Ironically, Givenchy had a strong streetwear identity under former Creative Director Riccardo Tisci. Givenchy has also had triumphant moments under Williams’ tenure — the ‘Shark’ boots still make us salivate and they've had some memorable red-carpet moments dressing Tessa Thompson, Karlie Kloss, Michael B. Jordan, and Jack Harlow. Yet, something wasn’t working, and last season The New York Times published the article ‘Givenchy on the Line,’ where Williams made his case.

img WGSN

Then along came Givenchy Fall/Winter 2023. A breath of fresh air. A clear path forward. A reset. A palette cleanser. It was gorgeous, sophisticated, thought-through, and truly evoked the house codes established long ago by Hubert de Givenchy.
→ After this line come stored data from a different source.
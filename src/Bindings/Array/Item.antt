-- ===== src/Bindings/Array/Item.antt =====
-- src/bindings/py_array.c: the methods of an item of an array of mutexes. The flag of the item is in
-- the state of the array.
use posixipc.Prelude.{ℕ, Bool, true, false, Option, some, List, [], if◌then◌else◌}
use posixipc.Os.{Os}
use posixipc.Calls.{Reply}
use posixipc.Mutex
use posixipc.Bindings.Errors.{Raised, Outcome, returned, raised}
use posixipc.Bindings.Run.{Run, give, ◌>>=◌}
use posixipc.Bindings.Acquire.{Value, Key, posixipc_parse_acquire}
use posixipc.Bindings.Array.{ArrayObject, State, parsed, array_release_index}

-- `has_array` says that `item->array` is not NULL, and `index` is the index of the item.
module _ (os : Os) (reply : ArrayObject → Reply Mutex.Call) (have_clocklock : Bool)
    (on_owner_died : Option (State → Bool × State)) (signals : State → Bool × State)
    (has_array : Bool) (index : ℕ) where
  pub item_acquire : ℕ → List Value → List (Key × Value) → Run State (Outcome Bool)
  unfolding parsed
  item_acquire fuel args keys =
      if has_array
      then parsed os reply have_clocklock on_owner_died signals true fuel (returned index)
          (posixipc_parse_acquire args keys)
      else give (raised (some Raised.unbound))

  -- behind `array_release_index`
  pub cleared : Outcome Bool × State → Outcome Bool × State
  cleared (returned b, (a, tr)) = (returned b, (record a { locked = false }, tr))
  cleared (raised e, s) = (raised e, s)

  pub item_release : State → Outcome Bool × State
  unfolding array_release_index cleared
  item_release s =
      if has_array
      then cleared (array_release_index os reply have_clocklock on_owner_died signals true index s)
      else (raised (some Raised.unbound), s)

  pub item_entered : Outcome Bool → Run State (Outcome Bool)
  item_entered (returned false) = give (raised (some Raised.runtime_error))
  item_entered (returned true) = give (returned true)
  item_entered (raised e) = give (raised e)

  pub item_enter : ℕ → Run State (Outcome Bool)
  unfolding item_acquire item_entered
  item_enter fuel = item_acquire fuel [] [] >>= item_entered

  pub item_exit : State → Outcome Bool × State
  unfolding item_release
  item_exit (a, tr) = if a.locked then item_release (a, tr) else (returned true, (a, tr))
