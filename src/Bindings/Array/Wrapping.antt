-- ===== src/Bindings/Array/Wrapping.antt =====
-- The index of an array of mutexes in src/bindings/py_array.c.
use posixipc.Os.{Os}
use posixipc.Mutex
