-- ===== src/Bindings/Wait/Ends.antt =====
-- That `posixipc_blocking_wait` of src/bindings/py_wait.c returns once the caller's deadline has passed.
use Prim.Native.Nat.{min}
use posixipc.Prelude.{
  ℕ, zero, suc, ◌+◌, ◌*◌, ◌≤◌, ◌<◌, ◌≡◌, ◌≢◌, refl, arith, Bool, true, false, Option, none, some,
  ◌!=◌, if◌then◌else◌, ◌∷◌,
}
use mathlib.Core.Logic.{◌↔◌}
use posixipc.Codes.{success, etimedout, error_interrupted}
use posixipc.Os.{Os, Io, Trace, Timespec, Event, Ret, ok, fail, pure}
use posixipc.Os
use posixipc.Time.{Deadline, now, deadline_expired, passed}
use posixipc.Time.Laws.{to_ns, IsNormal, passed_iff}
use posixipc.Bindings.Run.{Run, After, give, plain, ◌>>=◌}
use posixipc.Bindings.Wait.{
  slice_ns, slice_of, lift, round_end, after_call, after_now, wait_slices, blocking_wait,
}
use posixipc.Bindings.Wait.Laws.{
  slice_of_lem, EndsUnless, EndsIf, EndsUnread, Waits, wait_slices-Triple,
}

-- whether there was fuel enough
abbrev pub ended : {S A : Type 0} → Option A × S → Bool
ended (none, s) = false
ended (some a, s) = true

-- The clock was read, and the time is the one that it shows afterwards.
abbrev pub Reads : {S : Type 0} → (S → ℕ) → ℕ → (ℕ × Option Timespec) × S → Type 0
Reads clock before ((rc, none), s) = ⊥
Reads clock before ((rc, some t), s) = IsNormal t × (to_ns t ≡ clock s) × (before ≤ clock s)

module _ {X : Type 0} (os : Os) (check_signals : X × Trace → Bool × (X × Trace))
    (fn : Deadline → X × Trace → ℕ × (X × Trace)) where
  -- `clock` is what the clock `clk` shows, in nanoseconds. It can be read and does not go back,
  -- and a callback that times out has waited for its deadline.
  pub record Clock (clk : ℕ) (clock : X × Trace → ℕ) : Type 0 where
    pub reads : (s : X × Trace) → Reads clock (clock s) (lift (now os clk true) s)
    pub waits :
        (d : Deadline) (s : X × Trace)
        → d.clk ≡ clk
        → (fn d s).0 ≡ etimedout
        → (clock s ≤ clock (fn d s).1) × (to_ns d.ts ≤ clock (fn d s).1)
    pub signals : (s : X × Trace) → clock s ≤ clock (check_signals s).1

  -- `posixipc_deadline_expired` compares a deadline with the clock.
  expires :
      {clk : ℕ} {clock : X × Trace → ℕ} (c : Clock clk clock) (ts : Timespec) (s : X × Trace)
      → IsNormal ts
      → let (r, s') = lift (deadline_expired os (some (record { clk = clk; ts = ts }))) s in
        (clock s ≤ clock s') × ((r ≡ true) ↔ (to_ns ts ≤ clock s'))
  unfolding now deadline_expired
  expires {clk} {clock} c ts s normal = go (os.clock_gettime s.1 clk) (c.reads s)
    where
      go :
          (r : Ret Timespec)
          → let answer : Io (ℕ × Option Timespec) = elim r [
            | ok t ↦ pure (success, some t)
            | fail e ↦ pure (suc e, none)
          ] in
            let s' : X × Trace = (s.0, Event.clock_gettime clk r ∷ s.1) in
            Reads clock (clock s) (lift answer s')
            → let (b, s'') =
                lift
                  (Os.◌>>=◌ answer (λ ((rc, now) : ℕ × Option Timespec). elim now [
                    | none ↦ pure true
                    | some t ↦ pure (passed t ts)
                  ]))
                  s' in
              (clock s ≤ clock s'') × ((b ≡ true) ↔ (to_ns ts ≤ clock s''))
      go (ok t) (n, e, le) = (le, rw (← e) (passed_iff t ts n normal))
      go (fail f) h = absurd h

  module _ {clock : X × Trace → ℕ} (user : Deadline) (c : Clock user.clk clock)
      (normal : IsNormal user.ts) (again : Run (X × Trace) ℕ) (from : ℕ)
      (h : (s : X × Trace)
        → from ≤ clock s
        → clock s < to_ns user.ts
        → ended (again s) ≡ true) where
    round_end-ended :
        (s : X × Trace)
        → from ≤ clock s
        → ended (round_end os check_signals fn again (some user) s) ≡ true
    unfolding round_end
    round_end-ended s later =
        go (lift (deadline_expired os (some user)) s) (expires c user.ts s normal)
      where
        go :
            (r : Bool × (X × Trace))
            → (clock s ≤ clock r.1) × ((r.0 ≡ true) ↔ (to_ns user.ts ≤ clock r.1))
            → ended ((if r.0 then give etimedout else again) r.1) ≡ true
        go (true, s') f = refl
        go (false, s') (le, iff) = h s' (omega arith) (ground arith)

    signalled :
        (r : Bool × (X × Trace))
        → from ≤ clock r.1
        → ended (
            (if r.0
                then give error_interrupted
                else round_end os check_signals fn again (some user))
              r.1)
          ≡ true
    signalled (true, s) later = refl
    signalled (false, s) later = round_end-ended s later

    after_call-ended :
        (r : ℕ × (X × Trace))
        → (r.0 ≡ etimedout → from ≤ clock r.1)
        → ended (after_call os check_signals fn again (some user) r.0 r.1) ≡ true
    unfolding after_call
    after_call-ended (rc, s) f = go (rc != etimedout) (λ e. ground arith)
      where
        go :
            (b : Bool)
            → (b ≡ false → rc ≡ etimedout)
            → ended (
                (if b
                    then give rc
                    else (plain check_signals >>= λ e.
                        if e
                        then give error_interrupted
                        else round_end os check_signals fn again (some user)))
                  s)
              ≡ true
        go true e = refl
        go false e =
            let le = f (e refl) in
            let signals = c.signals s in signalled (check_signals s) (omega arith)

    after_now-ended :
        (clk before : ℕ) (r : (ℕ × Option Timespec) × (X × Trace))
        → Reads clock before r
        → from ≤ min (to_ns user.ts) (before + slice_ns)
        → ended (after_now os check_signals fn again (some user) clk r.0 r.1) ≡ true
    unfolding after_now
    after_now-ended clk before ((rc, none), s) reads enough = refl
    after_now-ended clk before ((rc, some t), s) (n, e, le) enough =
        let (same, value) = slice_of_lem user clk t normal n in
        after_call-ended (fn (slice_of (some user) clk t) s) (λ timed_out.
          let (later, waited) = c.waits (slice_of (some user) clk t) s same timed_out in
          omega arith)

  wait_slices-ended :
      {clock : X × Trace → ℕ} (user : Deadline)
      → Clock user.clk clock
      → IsNormal user.ts
      → (n clk : ℕ) (s : X × Trace) → to_ns user.ts ≤ clock s + n * slice_ns
      → ended (wait_slices os check_signals fn (suc n) (some user) clk s) ≡ true
  unfolding wait_slices
  wait_slices-ended {clock} user c normal zero clk s h =
      after_now-ended user c normal (wait_slices os check_signals fn zero (some user) clk)
        (to_ns user.ts) (λ s' later early. absurd (omega arith)) clk (clock s)
        (lift (now os user.clk true) s) (c.reads s) (ground arith)
  wait_slices-ended {clock} user c normal (suc n) clk s h =
      after_now-ended user c normal (wait_slices os check_signals fn (suc n) (some user) clk)
        (min (to_ns user.ts) (clock s + slice_ns))
        (λ s' later early. wait_slices-ended user c normal n clk s' (ground arith)) clk (clock s)
        (lift (now os user.clk true) s) (c.reads s) (omega arith)

  -- ETIMEDOUT comes after the deadline.
  abbrev pub Late : (X × Trace → ℕ) → Deadline → ℕ → X × Trace → Type 0
  Late clock user rc s = rc ≡ etimedout → to_ns user.ts ≤ clock s

  module _ {clock : X × Trace → ℕ} (user : Deadline) (c : Clock user.clk clock)
      (normal : IsNormal user.ts) where
    unread :
        (before : ℕ) (r : (ℕ × Option Timespec) × (X × Trace))
        → Reads clock before r
        → EndsUnread (λ s. Unit {0}) (Late clock user) r
    unread before ((rc, none), s) h = absurd h
    unread before ((rc, some t), s) h = tt

    called : (r : ℕ × (X × Trace)) → EndsUnless etimedout (λ s. Unit {0}) (Late clock user) r
    called (rc, s) = go (rc != etimedout) (λ e. ground arith)
      where
        go :
            (b : Bool)
            → (b ≡ true → rc ≢ etimedout)
            → (if b then Late clock user rc s else Unit {0})
        go true ne = λ e. absurd (ne refl e)
        go false ne = tt

    signals_end :
        (r : Bool × (X × Trace)) → EndsIf (λ s. Unit {0}) (Late clock user error_interrupted) r
    signals_end (true, s) = λ e. absurd (omega arith)
    signals_end (false, s) = tt

    expired :
        (r : Bool × (X × Trace))
        → ((r.0 ≡ true) ↔ (to_ns user.ts ≤ clock r.1))
        → EndsIf (λ s. Unit {0}) (Late clock user etimedout) r
    expired (true, s) iff = λ e. iff.0 refl
    expired (false, s) iff = tt

    waits-Late :
        (clk : ℕ) → Waits os check_signals fn (λ s. Unit {0}) (some user) clk (Late clock user)
    waits-Late clk = record {
      times = λ s i. unread (clock s) _ (c.reads s);
      calls = λ d s i. called (fn d s);
      signals = λ s i. signals_end (check_signals s);
      expires = λ d s same i.
          let is : user ≡ d = cc in
          rw (← is)
            (expired (lift (deadline_expired os (some user)) s) (expires c user.ts s normal).1);
    }

  -- a wait that ended, with ETIMEDOUT only after the deadline
  abbrev pub Returns : (X × Trace → ℕ) → Deadline → Option ℕ × (X × Trace) → Type 0
  Returns clock user (none, s) = ⊥
  Returns clock user (some rc, s) = Late clock user rc s

  returns :
      (clock : X × Trace → ℕ) (user : Deadline) (r : Option ℕ × (X × Trace))
      → ended r ≡ true
      → After (Late clock user) r
      → Returns clock user r
  returns clock user (none, s) fuel after = absurd (ground arith)
  returns clock user (some rc, s) fuel after = after

  -- A wait with a deadline returns, whatever the callback does: with one round for each 50 ms up to the
  -- deadline, and one more, the fuel suffices. It returns ETIMEDOUT only after the deadline. It is
  -- assumed that the clock can be read and does not go back, and that a callback that times out has
  -- waited for the deadline that it was given.
  pub blocking_wait-Returns :
      {clock : X × Trace → ℕ} (user : Deadline)
      → Clock user.clk clock
      → IsNormal user.ts
      → (interruptible : Bool) (n clk : ℕ) (s : X × Trace) → to_ns user.ts ≤ clock s + n * slice_ns
      → Returns clock user
          (blocking_wait os check_signals fn (suc n) (some user) interruptible clk s)
  unfolding blocking_wait
  blocking_wait-Returns {clock} user c normal false n clk s h =
      λ timed_out. (c.waits user s refl timed_out).1
  blocking_wait-Returns {clock} user c normal true n clk s h =
      returns clock user (wait_slices os check_signals fn (suc n) (some user) clk s)
        (wait_slices-ended user c normal n clk s h)
        (wait_slices-Triple os check_signals fn (waits-Late user c normal clk) (suc n) s tt)
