-- ===== src/Bindings/Exchange/Ending.antt =====
-- When the calls of put and get that do not wait return.
use posixipc.Prelude.{
  ℕ, ◌≡◌, refl, arith, Bool, true, false, Option, none, some, ◌!=◌, if◌then◌else◌,
}
use posixipc.Codes.{success, einval}
use posixipc.Bindings.Errors.{Raised, Outcome, returned, raised, posixipc_err}
use posixipc.Bindings.Run.{Run, After, give, ◌>>=◌}
use posixipc.Bindings.Wait.Ends.{ended}
use posixipc.Bindings.Acquire.{Opts}
use posixipc.Bindings.Exchange.{at_once, lock_failed, when_open, when_locked, round_of, loop}

module _ {S : Type 0} where
  pub ended-bind :
      {A B : Type 0} (m : Run S A) (f : A → Run S B) (s : S)
      → ended (m s) ≡ true
      → ((a : A) (s : S) → ended (f a s) ≡ true)
      → ended ((m >>= f) s) ≡ true
  ended-bind {A} {B} m f s h k = go (m s) h
    where
      go :
          (r : Option A × S)
          → ended {S = S} {A = A} r ≡ true
          → ended {S = S} {A = B} (elim r.0 [ none ↦ (none, r.1) | some a ↦ f a r.1 ]) ≡ true
      go (none, s') e = absurd (ground arith)
      go (some a, s') e = k a s'

  pub ended-if :
      {A : Type 0} (c : Bool) (a b : Run S A) (s : S)
      → ended (a s) ≡ true
      → ended (b s) ≡ true
      → ended ((if c then a else b) s) ≡ true
  ended-if true a b s h k = h
  ended-if false a b s h k = k

  module _ {A : Type 0} where
    pub when_open-ended :
        (checked : Option Raised) (m : Run S (Outcome A)) (s : S)
        → ended (m s) ≡ true
        → ended (when_open checked m s) ≡ true
    when_open-ended (some e) m s h = refl
    when_open-ended none m s h = h

    pub when_locked-ended :
        (lock : Run S ℕ) (m : Run S (Outcome A)) (s : S)
        → ended (lock s) ≡ true
        → ((s : S) → ended (m s) ≡ true)
        → ended (when_locked lock m s) ≡ true
    when_locked-ended lock m s l h =
        ended-bind lock (λ rc. if rc != success then give (lock_failed rc) else m) s l
          (λ rc s'. ended-if (rc != success) (give (lock_failed rc)) m s' refl (h s'))

    -- `unlock` ends
    module _ (unlock : Run S ℕ) (count : S → Option ℕ) (wait : ℕ → Run S ℕ)
        (unlocks : (s : S) → ended (unlock s) ≡ true) (opts : Opts) (now : at_once opts ≡ true)
        (ready : ℕ → Bool) (late : A) (last : Run S (Outcome A))
        (lasts : (s : S) → ended (last s) ≡ true) where
      round_of-ended :
          (rest : Run S (Outcome A)) (n : Option ℕ) (s : S)
          → ended (round_of unlock count wait 0 opts ready late last rest n s) ≡ true
      unfolding round_of
      round_of-ended rest none s =
          ended-bind unlock (λ rc. give (raised (posixipc_err einval))) s (unlocks s)
            (λ rc s'. refl)
      round_of-ended rest (some n) s =
          ended-if (ready n) last _ s (lasts s)
            (rw now (ended-bind unlock (λ rc. give (returned late)) s (unlocks s) (λ rc s'. refl)))

      pub loop-ended : (s : S) → ended (loop unlock count wait 1 opts ready late last s) ≡ true
      unfolding loop
      loop-ended s = round_of-ended (λ s'. (none, s')) (count s) s

-- what holds where a call has ended, as it has
abbrev pub Ends : {S A : Type 0} → (A → S → Type 0) → Option A × S → Type 0
Ends Q (none, s) = ⊥
Ends Q (some a, s) = Q a s

pub ends :
    {S A : Type 0} (Q : A → S → Type 0) (r : Option A × S) → ended r ≡ true → After Q r → Ends Q r
ends Q (none, s) e after = absurd (ground arith)
ends Q (some a, s) e after = after
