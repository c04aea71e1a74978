-- ===== src/Queue/Fifo.antt =====
-- The bounded first-in-first-out queue that the ring implements, oldest item first.
use posixipc.Prelude.{ℕ, Option, none, some, List, [], ◌∷◌, ◌++◌, length, leb, if◌then◌else◌}
use posixipc.Codes.{success, eagain}

module _ {ℓ} {A : Type ℓ} where
  unfoldable pub push : ℕ → List A → A → ℕ × List A
  push cap q x = if leb cap (length q) then (eagain, q) else (success, q ++ x ∷ [])

  unfoldable pub pop : List A → ℕ × Option A × List A
  pop [] = (eagain, none, [])
  pop (x ∷ q) = (success, some x, q)

-- What a client asks of a queue, and what it sees.
pub data Op : Type 0 where
  put : List ℕ → Op
  get : Op

abbrev pub Reply : Type 0
Reply = ℕ × Option (List ℕ)

unfoldable pub run : ℕ → List (List ℕ) → List Op → List Reply
run cap q [] = []
run cap q (put x ∷ ops) = let (rc, q') = push cap q x in (rc, none) ∷ run cap q' ops
run cap q (get ∷ ops) = let (rc, out, q') = pop q in (rc, out) ∷ run cap q' ops
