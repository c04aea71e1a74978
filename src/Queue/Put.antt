-- ===== src/Queue/Put.antt =====
-- posixipc_queue_put of src/core/posixipc_queue.c against the bounded queue.
use native.Mathlib.Nat.{zero-add}
use native.Mathlib.Numerals.{add-one}
use mathlib.Core.Path.{ap₂}
use posixipc.Prelude.{
  ℕ, ◌+◌, ◌*◌, ◌%◌, ◌≤◌, ◌<◌, ◌≡◌, ◌≢◌, refl, ap, ◌∙◌, arith, inl, inr, some, List, [], ◌∷◌, ◌++◌,
  length, lt-cases, eq-cases, store,
}
use posixipc.Codes.{success, eagain}
use posixipc.Word.{add32}
use posixipc.Queue.{View, Memory, empty, ready, reserved_put, run_put, put, write_bytes}
use posixipc.Queue.Ring.{
  slot_at, slot_at-lt, slot_at-ne, slot_at-suc, window, length-window, window-ext, window-snoc,
  read_bytes-write_bytes, read_bytes-write_bytes_apart, slots_apart, item_at, contents, IsView,
  IsRing,
}
use posixipc.Queue.Fifo

-- the ring after a `put` that finds room
module _ (v : View) (m : Memory) (bytes : List ℕ) where
  abbrev pub put_done : Memory
  put_done = record {
    ctrl = record (m.ctrl) {
      tail = slot_at v.depth m.ctrl.head (m.ctrl.count + 1);
      count = m.ctrl.count + 1;
    };
    state = store (store m.state m.ctrl.tail reserved_put) m.ctrl.tail ready;
    payload = write_bytes m.payload (m.ctrl.tail * v.stride) v.item_size bytes;
  }

-- A full ring refuses the item.
module _ {v : View} {m : Memory} (w : IsView v) where
  put_full : (bytes : List ℕ) → v.depth ≤ m.ctrl.count → put (some v) (some bytes) m ≡ (eagain, m)
  unfolding put
  put_full bytes full = ground (arith, w.ctrl)

module _ {v : View} {m : Memory} (w : IsView v) (r : IsRing v m) where
  pub tail-lt : m.ctrl.tail < v.depth
  tail-lt = rw r.tail_at (slot_at-lt v.depth m.ctrl.head m.ctrl.count r.head_in r.count_in)

  tail_next :
      m.ctrl.count < v.depth
      → add32 m.ctrl.tail 1 % v.depth ≡ slot_at v.depth m.ctrl.head (m.ctrl.count + 1)
  tail_next room =
      ap (λ (t : ℕ). t % v.depth) (omega (arith, tail-lt, w.depth_word))
      ∙ ap (λ (t : ℕ). (t + 1) % v.depth) r.tail_at
      ∙ slot_at-suc v.depth m.ctrl.head m.ctrl.count

  pub put_runs :
      (bytes : List ℕ)
      → m.ctrl.count < v.depth
      → put (some v) (some bytes) m ≡ (success, put_done v m bytes)
  unfolding put run_put
  put_runs bytes room = ground (arith, w.ctrl, tail-lt, tail_next room)

  pub put_done-IsRing : (bytes : List ℕ) → m.ctrl.count < v.depth → IsRing v (put_done v m bytes)
  put_done-IsRing bytes room = record {
    head_in = r.head_in;
    count_in = omega arith;
    tail_at = refl;
    held = held;
    free = free;
  }
    where
      other : (k : ℕ) → k ≢ m.ctrl.count → k < v.depth → m.ctrl.tail ≢ slot_at v.depth m.ctrl.head k
      other k ne h =
          rw r.tail_at
            (slot_at-ne v.depth m.ctrl.head m.ctrl.count k r.head_in room h (omega arith))

      held :
          (k : ℕ)
          → k < m.ctrl.count + 1
          → store
              (store m.state m.ctrl.tail reserved_put)
              m.ctrl.tail
              ready
              (slot_at v.depth m.ctrl.head k)
            ≡ ready
      held k h = elim (eq-cases k m.ctrl.count) [
        | inl e ↦ ground (arith, r.tail_at, ap (slot_at v.depth m.ctrl.head) e)
        | inr ne ↦ ground (arith, other k ne, r.held k)
      ]

      free :
          (k : ℕ)
          → m.ctrl.count + 1 ≤ k
          → k < v.depth
          → store
              (store m.state m.ctrl.tail reserved_put)
              m.ctrl.tail
              ready
              (slot_at v.depth m.ctrl.head k)
            ≡ empty
      free k h h' = ground (arith, other k, r.free k)

  -- The copy of an item touches no item that is held.
  pub put_done-others :
      (bytes : List ℕ)
      → m.ctrl.count < v.depth
      → window v.depth (item_at v (put_done v m bytes)) m.ctrl.head 0 m.ctrl.count ≡ contents v m
  put_done-others bytes room =
      window-ext v.depth (item_at v (put_done v m bytes)) (item_at v m) m.ctrl.head 0 m.ctrl.count
        λ k p q.
          read_bytes-write_bytes_apart m.payload (m.ctrl.tail * v.stride) v.item_size
            (slot_at v.depth m.ctrl.head k * v.stride) v.item_size bytes
            (slots_apart m.ctrl.tail (slot_at v.depth m.ctrl.head k) v.item_size v.stride
              (apart k (omega arith)) w.item_in_slot)
    where
      apart : (k : ℕ) → k < m.ctrl.count → m.ctrl.tail ≢ slot_at v.depth m.ctrl.head k
      apart k h =
          rw r.tail_at (
            slot_at-ne v.depth m.ctrl.head m.ctrl.count k r.head_in room (omega arith)
              (omega arith))

  pub put_done-contents :
      (bytes : List ℕ)
      → m.ctrl.count < v.depth
      → length bytes ≡ v.item_size
      → contents v (put_done v m bytes) ≡ contents v m ++ bytes ∷ []
  put_done-contents bytes room len =
      ap (window v.depth (item_at v after) m.ctrl.head 0) (add-one m.ctrl.count)
      ∙ window-snoc v.depth (item_at v after) m.ctrl.head 0 m.ctrl.count
      ∙ ap₂ (λ (q : List (List ℕ)) (x : List ℕ). q ++ x ∷ []) (put_done-others bytes room) newest
    where
      after : Memory
      after = put_done v m bytes

      newest : item_at v after (slot_at v.depth m.ctrl.head (0 + m.ctrl.count)) ≡ bytes
      newest =
          rw (zero-add, ← r.tail_at, ← len)
            (read_bytes-write_bytes m.payload (m.ctrl.tail * v.stride) bytes)

  length-contents : length (contents v m) ≡ m.ctrl.count
  length-contents = length-window v.depth (item_at v m) m.ctrl.head 0 m.ctrl.count

  -- `posixipc_queue_put` of an item of the right size returns what the bounded queue returns, leaves
  -- its items in the ring, and keeps the invariant.
  pub put_refines :
      (bytes : List ℕ)
      → length bytes ≡ v.item_size
      → let (rc, m') = put (some v) (some bytes) m in
        ((rc, contents v m') ≡ Fifo.push v.depth (contents v m) bytes) × IsRing v m'
  unfolding Fifo.push
  put_refines bytes len = elim (lt-cases m.ctrl.count v.depth) [
    | inl room ↦
        rw (put_runs bytes room, put_done-contents bytes room len)
          (ground (arith, length-contents), put_done-IsRing bytes room)
    | inr full ↦ rw (put_full {v = v} {m = m} w bytes full) (ground (arith, length-contents), r)
  ]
It began with a long sweep of black coats finished with triple-breasted pleats. Some were worn with mini blazer-dress hybrids, and others with sheer skirts. Occasionally, a burst of color would appear courtesy of emerald stiletto pumps. Classic, with a twist. An injection of color began to creep in, first with a dreamy, creamy yellow leather coat, before bursting forth later in shades of Kelly green, salmon, and lilac done on wearable separates and slinky gauze dresses. Unfortunately, the regality of the collection made the ultra-layered streetwear looks that appeared in the middle of the show stick out. They were super cozy-looking, but felt like outliers when seen against the rest of the collection. 

A breath of fresh air. A clear path forward. A reset. A palette cleanser.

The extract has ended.